• [Prompt]: For each line in the records that contains "IsValid", make a copy.

___

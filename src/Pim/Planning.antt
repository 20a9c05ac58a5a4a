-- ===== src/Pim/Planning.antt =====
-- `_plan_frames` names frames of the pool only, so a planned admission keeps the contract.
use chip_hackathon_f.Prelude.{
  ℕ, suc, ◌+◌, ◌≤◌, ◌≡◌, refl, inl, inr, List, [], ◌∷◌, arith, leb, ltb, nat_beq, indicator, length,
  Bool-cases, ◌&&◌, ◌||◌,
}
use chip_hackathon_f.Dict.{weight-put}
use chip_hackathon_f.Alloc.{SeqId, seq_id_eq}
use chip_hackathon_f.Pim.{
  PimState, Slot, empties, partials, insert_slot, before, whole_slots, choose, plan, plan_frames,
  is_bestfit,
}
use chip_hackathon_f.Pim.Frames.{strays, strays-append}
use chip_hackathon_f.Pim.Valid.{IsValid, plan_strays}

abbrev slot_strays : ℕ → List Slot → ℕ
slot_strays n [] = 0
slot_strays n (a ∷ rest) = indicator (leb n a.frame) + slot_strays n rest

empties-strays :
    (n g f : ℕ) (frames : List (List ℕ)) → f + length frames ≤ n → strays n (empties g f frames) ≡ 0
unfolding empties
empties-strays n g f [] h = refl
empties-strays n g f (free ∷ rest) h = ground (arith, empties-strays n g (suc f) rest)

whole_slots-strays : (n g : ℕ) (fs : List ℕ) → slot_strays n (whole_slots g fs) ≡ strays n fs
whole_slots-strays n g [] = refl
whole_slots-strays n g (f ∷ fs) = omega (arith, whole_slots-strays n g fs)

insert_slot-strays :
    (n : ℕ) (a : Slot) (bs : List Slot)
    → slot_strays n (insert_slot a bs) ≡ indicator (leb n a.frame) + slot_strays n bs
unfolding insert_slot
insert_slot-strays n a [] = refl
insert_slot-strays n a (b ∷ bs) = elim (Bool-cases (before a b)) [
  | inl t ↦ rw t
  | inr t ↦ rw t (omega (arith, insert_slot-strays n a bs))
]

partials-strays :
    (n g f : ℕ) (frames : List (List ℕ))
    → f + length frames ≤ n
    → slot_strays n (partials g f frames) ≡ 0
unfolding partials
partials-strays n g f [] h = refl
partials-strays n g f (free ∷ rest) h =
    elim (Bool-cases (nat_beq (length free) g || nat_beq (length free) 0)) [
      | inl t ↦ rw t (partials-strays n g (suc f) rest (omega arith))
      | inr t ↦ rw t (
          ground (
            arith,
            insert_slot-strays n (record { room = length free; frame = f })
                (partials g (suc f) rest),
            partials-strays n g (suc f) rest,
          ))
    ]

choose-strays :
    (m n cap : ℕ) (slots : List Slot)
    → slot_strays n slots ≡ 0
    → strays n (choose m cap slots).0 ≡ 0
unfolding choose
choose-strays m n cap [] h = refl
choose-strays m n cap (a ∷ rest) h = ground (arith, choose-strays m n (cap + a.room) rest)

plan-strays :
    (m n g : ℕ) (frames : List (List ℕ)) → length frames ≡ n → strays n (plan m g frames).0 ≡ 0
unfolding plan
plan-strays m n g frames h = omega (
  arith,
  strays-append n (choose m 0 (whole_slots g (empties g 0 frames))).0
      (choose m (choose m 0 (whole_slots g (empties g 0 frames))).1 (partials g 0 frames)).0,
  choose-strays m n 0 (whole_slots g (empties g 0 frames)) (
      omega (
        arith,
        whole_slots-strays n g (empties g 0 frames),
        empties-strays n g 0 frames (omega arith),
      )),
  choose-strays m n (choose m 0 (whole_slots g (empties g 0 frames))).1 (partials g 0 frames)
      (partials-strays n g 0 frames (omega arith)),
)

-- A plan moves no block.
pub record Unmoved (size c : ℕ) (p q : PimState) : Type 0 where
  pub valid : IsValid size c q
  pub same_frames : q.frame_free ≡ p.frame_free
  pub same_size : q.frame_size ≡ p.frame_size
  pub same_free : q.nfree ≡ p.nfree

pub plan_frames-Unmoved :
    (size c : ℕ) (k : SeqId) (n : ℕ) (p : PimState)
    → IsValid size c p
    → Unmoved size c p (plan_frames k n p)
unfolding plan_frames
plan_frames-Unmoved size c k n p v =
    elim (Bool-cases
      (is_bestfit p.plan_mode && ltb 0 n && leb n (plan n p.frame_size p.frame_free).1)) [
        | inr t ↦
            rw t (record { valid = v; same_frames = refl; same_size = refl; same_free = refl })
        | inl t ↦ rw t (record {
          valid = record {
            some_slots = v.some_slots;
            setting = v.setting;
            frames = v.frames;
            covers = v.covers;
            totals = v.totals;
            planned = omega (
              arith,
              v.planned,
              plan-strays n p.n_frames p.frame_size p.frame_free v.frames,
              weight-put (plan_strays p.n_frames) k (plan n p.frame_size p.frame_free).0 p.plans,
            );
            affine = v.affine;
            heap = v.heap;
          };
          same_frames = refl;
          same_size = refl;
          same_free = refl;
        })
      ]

___

• [Result of the task]:
use chip_hackathon_f.Pim.Valid.{IsValid, plan_strays}
  pub valid : IsValid size c q
    → IsValid size c p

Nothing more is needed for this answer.